>>>>
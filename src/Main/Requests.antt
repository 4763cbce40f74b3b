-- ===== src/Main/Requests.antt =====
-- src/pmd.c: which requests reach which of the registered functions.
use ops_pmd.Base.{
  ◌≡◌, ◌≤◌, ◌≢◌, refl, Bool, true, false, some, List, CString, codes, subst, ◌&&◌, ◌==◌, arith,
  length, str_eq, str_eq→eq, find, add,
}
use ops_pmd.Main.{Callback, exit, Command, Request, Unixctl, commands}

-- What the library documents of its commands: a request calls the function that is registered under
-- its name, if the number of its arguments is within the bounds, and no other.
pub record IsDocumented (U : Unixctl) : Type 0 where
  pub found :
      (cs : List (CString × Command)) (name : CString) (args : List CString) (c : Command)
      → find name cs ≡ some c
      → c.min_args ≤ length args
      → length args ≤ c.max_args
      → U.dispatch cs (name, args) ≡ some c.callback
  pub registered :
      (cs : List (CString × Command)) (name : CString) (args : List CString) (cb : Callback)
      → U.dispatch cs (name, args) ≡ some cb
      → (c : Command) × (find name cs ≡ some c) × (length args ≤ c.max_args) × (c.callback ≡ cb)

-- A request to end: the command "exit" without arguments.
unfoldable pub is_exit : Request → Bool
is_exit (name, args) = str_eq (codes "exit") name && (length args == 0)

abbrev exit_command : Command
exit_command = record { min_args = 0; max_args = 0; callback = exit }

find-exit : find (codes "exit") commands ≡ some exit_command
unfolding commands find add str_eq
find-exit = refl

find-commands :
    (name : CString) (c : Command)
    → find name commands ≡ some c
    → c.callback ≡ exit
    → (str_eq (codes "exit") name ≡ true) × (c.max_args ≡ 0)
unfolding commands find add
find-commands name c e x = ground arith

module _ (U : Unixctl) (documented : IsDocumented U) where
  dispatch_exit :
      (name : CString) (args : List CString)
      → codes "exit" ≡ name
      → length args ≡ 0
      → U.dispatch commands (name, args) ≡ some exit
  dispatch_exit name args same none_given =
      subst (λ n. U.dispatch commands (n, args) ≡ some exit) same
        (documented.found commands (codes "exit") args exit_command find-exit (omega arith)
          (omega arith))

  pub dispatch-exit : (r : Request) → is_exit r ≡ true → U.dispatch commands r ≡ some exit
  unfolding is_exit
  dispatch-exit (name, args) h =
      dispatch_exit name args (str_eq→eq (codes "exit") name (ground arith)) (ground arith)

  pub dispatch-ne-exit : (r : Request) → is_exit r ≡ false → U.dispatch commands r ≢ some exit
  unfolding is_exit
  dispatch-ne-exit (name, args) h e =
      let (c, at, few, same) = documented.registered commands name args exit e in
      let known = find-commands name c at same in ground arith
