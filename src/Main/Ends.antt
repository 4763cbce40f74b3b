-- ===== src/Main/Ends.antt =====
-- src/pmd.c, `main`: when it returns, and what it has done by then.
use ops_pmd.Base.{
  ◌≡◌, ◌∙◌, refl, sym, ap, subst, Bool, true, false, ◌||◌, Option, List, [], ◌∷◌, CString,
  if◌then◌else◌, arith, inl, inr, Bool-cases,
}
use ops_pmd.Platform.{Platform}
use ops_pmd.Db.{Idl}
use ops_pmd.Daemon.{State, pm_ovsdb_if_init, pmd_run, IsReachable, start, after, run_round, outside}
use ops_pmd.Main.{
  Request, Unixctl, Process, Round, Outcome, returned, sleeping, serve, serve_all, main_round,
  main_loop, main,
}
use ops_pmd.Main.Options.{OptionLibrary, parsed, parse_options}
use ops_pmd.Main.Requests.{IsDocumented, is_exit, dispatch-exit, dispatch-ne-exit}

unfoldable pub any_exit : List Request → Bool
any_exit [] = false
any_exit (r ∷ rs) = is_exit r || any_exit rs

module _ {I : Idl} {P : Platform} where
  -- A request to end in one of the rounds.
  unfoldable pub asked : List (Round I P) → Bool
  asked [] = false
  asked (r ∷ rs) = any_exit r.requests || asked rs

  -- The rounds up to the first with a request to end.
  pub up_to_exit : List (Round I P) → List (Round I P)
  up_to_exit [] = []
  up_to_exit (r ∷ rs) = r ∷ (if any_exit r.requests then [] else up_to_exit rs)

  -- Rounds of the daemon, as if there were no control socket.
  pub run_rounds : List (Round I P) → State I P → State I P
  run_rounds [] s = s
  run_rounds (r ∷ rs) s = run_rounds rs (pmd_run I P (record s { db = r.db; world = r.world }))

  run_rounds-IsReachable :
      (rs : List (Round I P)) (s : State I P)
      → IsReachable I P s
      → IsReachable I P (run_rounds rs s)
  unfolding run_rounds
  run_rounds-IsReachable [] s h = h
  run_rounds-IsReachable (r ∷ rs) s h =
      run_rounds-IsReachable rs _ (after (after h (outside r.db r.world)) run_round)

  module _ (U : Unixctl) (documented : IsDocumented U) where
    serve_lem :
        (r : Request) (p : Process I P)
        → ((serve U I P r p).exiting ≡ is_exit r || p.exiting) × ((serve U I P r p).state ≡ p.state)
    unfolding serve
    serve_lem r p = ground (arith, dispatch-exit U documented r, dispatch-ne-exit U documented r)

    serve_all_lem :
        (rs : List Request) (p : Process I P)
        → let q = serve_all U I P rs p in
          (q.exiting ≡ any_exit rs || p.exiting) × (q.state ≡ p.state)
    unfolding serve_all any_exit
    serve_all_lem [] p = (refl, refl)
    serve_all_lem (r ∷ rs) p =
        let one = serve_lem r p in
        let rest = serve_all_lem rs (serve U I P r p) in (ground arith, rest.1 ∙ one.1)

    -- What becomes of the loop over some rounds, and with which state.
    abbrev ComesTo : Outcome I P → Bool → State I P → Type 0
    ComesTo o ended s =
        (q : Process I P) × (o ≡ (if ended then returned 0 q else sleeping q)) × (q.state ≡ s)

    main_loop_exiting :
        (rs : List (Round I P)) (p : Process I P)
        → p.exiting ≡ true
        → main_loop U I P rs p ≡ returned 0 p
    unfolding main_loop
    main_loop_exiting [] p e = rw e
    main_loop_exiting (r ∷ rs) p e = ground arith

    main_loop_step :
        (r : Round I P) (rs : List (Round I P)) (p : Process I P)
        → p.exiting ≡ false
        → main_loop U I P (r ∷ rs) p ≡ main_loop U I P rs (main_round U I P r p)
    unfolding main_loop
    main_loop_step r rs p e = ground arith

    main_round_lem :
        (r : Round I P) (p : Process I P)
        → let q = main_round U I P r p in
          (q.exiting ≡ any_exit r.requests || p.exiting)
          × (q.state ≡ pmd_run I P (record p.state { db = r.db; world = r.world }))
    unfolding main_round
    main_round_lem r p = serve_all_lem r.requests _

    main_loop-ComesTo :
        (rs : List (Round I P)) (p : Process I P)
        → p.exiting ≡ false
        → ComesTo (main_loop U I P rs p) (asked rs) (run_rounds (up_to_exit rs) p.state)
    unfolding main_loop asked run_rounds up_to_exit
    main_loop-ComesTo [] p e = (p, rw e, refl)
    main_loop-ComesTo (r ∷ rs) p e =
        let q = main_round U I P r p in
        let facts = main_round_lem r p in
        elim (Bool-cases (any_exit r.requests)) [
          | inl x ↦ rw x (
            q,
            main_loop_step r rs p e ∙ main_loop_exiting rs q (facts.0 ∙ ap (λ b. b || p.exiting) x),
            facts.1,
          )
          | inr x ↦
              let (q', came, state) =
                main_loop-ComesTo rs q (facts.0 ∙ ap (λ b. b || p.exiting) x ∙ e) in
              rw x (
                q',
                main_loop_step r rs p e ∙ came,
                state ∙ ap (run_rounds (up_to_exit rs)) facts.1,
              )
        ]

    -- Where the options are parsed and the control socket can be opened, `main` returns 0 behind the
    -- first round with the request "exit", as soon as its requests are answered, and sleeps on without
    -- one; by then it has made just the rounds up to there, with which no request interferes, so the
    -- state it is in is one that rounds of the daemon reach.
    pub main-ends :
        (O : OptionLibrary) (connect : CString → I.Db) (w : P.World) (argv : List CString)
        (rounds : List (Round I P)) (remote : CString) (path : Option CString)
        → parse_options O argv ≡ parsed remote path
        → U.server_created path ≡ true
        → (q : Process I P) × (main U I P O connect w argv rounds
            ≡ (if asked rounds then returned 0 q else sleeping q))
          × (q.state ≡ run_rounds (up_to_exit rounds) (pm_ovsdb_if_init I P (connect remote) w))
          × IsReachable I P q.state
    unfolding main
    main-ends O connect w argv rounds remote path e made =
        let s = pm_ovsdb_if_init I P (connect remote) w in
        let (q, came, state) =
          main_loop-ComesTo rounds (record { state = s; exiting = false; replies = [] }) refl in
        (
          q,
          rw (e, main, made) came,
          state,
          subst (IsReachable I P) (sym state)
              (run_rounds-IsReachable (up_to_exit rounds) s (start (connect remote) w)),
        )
<<<<
>>>>
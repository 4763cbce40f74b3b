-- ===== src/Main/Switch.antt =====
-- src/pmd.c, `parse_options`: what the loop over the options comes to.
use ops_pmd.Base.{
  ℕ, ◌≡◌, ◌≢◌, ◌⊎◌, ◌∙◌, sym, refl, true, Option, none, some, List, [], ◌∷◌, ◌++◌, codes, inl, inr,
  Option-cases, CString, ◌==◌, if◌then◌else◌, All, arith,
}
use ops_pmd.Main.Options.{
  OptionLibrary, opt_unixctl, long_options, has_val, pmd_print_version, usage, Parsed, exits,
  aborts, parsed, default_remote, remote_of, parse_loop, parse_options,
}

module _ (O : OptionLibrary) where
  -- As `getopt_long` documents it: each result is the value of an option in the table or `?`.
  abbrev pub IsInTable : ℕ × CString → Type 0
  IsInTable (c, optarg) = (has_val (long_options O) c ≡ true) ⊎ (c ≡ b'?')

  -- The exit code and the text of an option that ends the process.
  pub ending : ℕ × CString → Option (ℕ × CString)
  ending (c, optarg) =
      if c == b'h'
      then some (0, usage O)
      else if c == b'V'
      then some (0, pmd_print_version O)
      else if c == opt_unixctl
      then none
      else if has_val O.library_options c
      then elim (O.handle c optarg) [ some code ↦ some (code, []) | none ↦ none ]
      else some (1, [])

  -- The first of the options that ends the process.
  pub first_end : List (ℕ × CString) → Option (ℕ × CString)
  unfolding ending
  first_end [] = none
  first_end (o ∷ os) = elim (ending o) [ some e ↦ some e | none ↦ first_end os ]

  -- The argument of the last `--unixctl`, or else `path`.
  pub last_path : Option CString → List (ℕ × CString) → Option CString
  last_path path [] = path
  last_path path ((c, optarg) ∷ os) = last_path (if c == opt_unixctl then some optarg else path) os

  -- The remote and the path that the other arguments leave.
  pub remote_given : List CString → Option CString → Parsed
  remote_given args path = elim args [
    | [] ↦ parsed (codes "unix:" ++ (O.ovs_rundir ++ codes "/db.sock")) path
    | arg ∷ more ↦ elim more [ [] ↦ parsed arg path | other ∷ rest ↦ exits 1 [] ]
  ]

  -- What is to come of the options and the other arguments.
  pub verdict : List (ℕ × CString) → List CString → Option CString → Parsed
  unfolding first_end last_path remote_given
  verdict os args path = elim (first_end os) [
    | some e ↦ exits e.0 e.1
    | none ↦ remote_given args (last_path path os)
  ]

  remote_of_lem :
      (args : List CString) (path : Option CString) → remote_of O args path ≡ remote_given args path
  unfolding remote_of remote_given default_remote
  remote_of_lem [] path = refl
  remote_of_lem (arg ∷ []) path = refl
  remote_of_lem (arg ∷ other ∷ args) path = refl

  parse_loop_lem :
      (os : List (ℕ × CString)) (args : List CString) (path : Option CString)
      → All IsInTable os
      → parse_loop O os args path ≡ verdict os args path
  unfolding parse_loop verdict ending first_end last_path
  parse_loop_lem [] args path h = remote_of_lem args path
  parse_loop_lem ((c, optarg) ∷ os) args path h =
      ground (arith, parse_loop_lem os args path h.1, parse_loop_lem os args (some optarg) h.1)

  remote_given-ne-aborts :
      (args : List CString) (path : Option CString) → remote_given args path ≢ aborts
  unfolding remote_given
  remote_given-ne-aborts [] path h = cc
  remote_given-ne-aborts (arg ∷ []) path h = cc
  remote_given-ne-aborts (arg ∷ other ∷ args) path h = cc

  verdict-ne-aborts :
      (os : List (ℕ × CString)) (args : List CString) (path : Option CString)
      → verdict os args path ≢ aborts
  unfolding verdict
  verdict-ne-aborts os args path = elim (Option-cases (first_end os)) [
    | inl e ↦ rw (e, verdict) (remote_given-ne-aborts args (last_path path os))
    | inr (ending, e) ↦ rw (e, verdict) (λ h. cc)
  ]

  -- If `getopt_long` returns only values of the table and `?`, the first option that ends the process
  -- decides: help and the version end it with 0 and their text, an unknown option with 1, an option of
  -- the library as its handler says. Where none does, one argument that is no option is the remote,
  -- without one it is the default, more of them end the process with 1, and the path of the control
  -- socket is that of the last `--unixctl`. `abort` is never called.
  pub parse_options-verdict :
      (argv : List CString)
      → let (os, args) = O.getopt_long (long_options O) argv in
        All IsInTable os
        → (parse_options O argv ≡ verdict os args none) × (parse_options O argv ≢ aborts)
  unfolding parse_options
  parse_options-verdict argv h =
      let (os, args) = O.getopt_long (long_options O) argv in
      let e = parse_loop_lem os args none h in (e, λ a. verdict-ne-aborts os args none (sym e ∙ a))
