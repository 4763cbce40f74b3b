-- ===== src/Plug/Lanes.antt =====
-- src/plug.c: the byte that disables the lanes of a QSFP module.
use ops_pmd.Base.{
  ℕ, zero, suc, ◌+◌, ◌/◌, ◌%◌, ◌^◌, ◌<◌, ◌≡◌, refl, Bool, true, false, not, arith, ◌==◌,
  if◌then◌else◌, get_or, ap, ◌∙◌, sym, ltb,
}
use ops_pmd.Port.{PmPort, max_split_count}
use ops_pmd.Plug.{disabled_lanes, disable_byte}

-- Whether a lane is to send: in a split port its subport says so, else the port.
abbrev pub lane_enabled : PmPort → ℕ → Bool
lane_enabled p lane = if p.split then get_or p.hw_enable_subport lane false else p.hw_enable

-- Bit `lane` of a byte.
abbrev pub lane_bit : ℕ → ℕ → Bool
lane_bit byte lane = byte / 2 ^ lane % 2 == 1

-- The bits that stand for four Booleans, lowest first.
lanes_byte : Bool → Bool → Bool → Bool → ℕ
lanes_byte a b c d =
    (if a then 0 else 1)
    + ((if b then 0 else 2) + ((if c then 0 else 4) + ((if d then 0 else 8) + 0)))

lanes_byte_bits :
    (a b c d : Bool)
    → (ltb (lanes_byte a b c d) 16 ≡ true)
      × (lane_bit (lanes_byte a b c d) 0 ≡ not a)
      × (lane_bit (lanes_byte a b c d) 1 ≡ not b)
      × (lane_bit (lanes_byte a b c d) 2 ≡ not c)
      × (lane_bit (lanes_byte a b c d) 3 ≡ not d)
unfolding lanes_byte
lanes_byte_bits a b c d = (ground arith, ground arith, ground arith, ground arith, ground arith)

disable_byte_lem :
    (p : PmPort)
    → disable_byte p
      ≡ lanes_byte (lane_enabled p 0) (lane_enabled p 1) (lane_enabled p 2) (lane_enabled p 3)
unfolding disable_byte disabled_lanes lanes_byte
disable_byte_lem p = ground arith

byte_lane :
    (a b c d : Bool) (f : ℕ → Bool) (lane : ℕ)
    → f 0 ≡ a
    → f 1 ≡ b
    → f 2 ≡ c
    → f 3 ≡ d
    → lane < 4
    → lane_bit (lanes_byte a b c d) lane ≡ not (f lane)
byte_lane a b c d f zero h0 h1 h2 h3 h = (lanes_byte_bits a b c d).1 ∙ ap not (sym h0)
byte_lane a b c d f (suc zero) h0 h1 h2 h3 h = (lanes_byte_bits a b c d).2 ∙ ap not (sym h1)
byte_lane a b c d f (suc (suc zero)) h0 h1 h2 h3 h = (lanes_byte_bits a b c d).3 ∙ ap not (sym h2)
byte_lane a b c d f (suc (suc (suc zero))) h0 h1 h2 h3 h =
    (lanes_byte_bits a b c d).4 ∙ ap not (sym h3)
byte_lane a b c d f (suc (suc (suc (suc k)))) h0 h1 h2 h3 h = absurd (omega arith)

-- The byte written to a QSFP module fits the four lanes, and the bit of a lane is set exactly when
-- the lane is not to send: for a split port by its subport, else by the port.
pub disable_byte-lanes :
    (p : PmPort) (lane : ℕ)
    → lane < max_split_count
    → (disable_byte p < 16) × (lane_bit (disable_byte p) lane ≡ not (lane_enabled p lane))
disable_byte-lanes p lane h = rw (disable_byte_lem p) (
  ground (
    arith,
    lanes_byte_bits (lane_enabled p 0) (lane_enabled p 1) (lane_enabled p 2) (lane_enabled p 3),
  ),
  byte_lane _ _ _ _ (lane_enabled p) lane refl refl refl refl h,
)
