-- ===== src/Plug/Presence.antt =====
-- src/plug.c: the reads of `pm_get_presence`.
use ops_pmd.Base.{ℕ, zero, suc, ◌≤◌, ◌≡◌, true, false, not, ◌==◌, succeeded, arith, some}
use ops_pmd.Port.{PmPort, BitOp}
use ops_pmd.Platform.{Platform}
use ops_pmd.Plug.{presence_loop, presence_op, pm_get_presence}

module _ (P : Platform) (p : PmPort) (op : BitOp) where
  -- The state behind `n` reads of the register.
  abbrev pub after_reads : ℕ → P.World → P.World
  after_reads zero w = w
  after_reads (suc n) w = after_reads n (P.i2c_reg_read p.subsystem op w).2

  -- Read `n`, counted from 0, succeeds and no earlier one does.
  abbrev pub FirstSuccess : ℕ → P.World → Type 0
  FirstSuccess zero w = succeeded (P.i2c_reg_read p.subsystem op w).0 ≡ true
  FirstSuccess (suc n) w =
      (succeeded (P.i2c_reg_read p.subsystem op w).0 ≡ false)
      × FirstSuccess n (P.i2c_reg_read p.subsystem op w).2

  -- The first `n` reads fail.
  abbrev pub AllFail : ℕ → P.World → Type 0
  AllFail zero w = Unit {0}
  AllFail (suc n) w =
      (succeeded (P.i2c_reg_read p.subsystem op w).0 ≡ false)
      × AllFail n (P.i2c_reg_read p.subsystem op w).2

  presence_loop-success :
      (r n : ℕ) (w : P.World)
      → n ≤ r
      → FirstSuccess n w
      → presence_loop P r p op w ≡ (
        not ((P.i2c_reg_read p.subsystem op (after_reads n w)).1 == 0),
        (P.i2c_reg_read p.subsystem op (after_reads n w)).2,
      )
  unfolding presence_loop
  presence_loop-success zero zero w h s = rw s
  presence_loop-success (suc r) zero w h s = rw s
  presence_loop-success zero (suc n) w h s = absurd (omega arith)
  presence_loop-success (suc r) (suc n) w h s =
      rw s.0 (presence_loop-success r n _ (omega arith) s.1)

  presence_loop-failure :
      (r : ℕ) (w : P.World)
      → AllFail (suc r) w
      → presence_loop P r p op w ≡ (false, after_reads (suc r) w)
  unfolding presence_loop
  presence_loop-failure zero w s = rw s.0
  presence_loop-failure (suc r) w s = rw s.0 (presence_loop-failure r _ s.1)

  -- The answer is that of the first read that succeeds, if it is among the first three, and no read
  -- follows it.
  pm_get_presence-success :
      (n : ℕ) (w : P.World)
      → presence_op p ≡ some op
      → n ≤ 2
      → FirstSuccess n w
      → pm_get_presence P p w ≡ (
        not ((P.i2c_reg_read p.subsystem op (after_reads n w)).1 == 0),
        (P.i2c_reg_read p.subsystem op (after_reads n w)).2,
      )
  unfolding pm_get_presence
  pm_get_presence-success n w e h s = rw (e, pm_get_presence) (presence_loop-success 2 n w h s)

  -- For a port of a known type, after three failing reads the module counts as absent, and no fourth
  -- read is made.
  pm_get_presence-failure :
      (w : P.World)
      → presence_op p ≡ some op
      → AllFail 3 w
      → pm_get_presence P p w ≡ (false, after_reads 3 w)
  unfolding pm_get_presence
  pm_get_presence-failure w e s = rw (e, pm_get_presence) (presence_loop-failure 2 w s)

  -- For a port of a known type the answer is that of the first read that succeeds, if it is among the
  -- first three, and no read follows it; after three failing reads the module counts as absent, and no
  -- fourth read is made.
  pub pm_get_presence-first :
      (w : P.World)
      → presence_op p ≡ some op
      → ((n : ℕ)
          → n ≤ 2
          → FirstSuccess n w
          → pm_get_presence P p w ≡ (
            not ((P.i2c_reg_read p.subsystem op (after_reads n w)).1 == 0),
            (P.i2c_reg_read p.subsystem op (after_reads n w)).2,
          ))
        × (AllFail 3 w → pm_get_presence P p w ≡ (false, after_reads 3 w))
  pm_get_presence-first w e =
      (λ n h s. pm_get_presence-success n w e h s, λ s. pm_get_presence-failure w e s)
<<<<
>>>>
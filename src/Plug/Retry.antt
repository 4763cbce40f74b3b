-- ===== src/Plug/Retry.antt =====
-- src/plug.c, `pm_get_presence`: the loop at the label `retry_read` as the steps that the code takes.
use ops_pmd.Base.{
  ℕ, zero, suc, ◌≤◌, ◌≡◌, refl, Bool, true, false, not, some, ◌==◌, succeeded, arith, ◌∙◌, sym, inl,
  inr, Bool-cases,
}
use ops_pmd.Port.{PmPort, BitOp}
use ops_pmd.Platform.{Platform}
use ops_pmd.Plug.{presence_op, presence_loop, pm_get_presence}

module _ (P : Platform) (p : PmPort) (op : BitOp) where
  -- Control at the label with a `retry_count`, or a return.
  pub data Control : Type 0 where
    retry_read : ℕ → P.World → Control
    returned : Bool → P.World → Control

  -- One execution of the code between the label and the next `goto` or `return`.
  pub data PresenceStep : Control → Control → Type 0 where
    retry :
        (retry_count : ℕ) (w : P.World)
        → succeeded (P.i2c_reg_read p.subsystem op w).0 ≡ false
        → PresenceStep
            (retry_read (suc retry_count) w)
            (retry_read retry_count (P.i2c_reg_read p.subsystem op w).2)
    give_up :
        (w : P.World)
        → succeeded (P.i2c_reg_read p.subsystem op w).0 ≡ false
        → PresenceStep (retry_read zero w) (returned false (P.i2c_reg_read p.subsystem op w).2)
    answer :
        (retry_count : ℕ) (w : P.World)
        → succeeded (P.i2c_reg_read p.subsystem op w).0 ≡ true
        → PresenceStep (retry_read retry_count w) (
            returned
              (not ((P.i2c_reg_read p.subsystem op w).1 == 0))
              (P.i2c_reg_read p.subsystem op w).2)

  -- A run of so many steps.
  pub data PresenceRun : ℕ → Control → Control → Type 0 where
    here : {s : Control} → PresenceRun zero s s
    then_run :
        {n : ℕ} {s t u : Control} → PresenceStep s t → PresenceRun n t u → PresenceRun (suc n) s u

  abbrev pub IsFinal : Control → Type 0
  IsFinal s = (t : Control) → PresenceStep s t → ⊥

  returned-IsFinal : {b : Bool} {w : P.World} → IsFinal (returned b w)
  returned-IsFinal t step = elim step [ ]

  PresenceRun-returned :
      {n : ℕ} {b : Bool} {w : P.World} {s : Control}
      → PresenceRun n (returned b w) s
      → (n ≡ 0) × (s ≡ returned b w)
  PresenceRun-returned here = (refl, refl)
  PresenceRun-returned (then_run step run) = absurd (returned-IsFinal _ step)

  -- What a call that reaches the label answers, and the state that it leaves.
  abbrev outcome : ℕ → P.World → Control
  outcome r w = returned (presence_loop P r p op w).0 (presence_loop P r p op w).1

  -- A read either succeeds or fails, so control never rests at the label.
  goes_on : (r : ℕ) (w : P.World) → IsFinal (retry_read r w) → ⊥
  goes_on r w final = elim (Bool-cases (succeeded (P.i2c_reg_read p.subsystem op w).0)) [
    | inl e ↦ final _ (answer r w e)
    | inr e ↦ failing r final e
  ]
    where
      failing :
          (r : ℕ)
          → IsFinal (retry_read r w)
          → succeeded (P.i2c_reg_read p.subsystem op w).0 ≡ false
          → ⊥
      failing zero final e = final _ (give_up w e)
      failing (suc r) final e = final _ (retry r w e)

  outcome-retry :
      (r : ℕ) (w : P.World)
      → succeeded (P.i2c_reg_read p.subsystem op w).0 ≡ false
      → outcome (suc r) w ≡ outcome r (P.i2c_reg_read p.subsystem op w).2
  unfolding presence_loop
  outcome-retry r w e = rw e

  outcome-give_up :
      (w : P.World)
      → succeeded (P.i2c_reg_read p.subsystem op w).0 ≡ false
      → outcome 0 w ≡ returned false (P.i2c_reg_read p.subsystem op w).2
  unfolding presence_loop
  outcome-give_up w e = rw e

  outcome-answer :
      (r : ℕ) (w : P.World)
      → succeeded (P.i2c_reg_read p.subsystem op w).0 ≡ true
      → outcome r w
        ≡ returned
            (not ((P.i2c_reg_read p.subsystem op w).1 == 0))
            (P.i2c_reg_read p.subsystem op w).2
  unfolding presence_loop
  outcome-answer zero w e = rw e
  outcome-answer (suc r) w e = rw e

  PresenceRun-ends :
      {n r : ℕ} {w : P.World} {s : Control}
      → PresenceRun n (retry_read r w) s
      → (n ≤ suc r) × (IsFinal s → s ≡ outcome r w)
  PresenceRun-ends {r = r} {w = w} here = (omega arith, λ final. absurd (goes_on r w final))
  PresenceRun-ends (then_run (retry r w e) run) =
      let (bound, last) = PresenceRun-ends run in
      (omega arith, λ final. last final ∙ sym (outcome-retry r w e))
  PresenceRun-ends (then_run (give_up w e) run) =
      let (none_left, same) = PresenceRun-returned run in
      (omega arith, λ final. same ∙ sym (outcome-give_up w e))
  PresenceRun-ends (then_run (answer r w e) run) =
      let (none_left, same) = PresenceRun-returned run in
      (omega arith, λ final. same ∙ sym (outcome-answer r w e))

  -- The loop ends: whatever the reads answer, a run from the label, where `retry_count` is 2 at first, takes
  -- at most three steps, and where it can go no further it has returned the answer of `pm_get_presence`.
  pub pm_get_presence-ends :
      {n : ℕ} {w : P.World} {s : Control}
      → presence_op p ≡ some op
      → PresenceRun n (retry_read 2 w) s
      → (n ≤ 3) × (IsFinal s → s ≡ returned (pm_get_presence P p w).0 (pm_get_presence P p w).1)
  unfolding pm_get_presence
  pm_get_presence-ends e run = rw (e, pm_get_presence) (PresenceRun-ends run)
<<<<
→ **Instructions for the task**:
Return only the part of the records above that opens with the line containing "filename src/Main/Requests.antt" and closes with the line containing "-- What the", ends included.

→ **Your solution**:
filename src/Main/Requests.antt
repository 4763cbce40f74b3b
-- ===== src/Main/Requests.antt =====
-- src/pmd.c: which requests reach which of the registered functions.
use ops_pmd.Base.{
  ◌≡◌, ◌≤◌, ◌≢◌, refl, Bool, true, false, some, List, CString, codes, subst, ◌&&◌, ◌==◌, arith,
  length, str_eq, str_eq→eq, find, add,
}
use ops_pmd.Main.{Callback, exit, Command, Request, Unixctl, commands}

-- What the library documents of its commands: a request calls the function that is registered under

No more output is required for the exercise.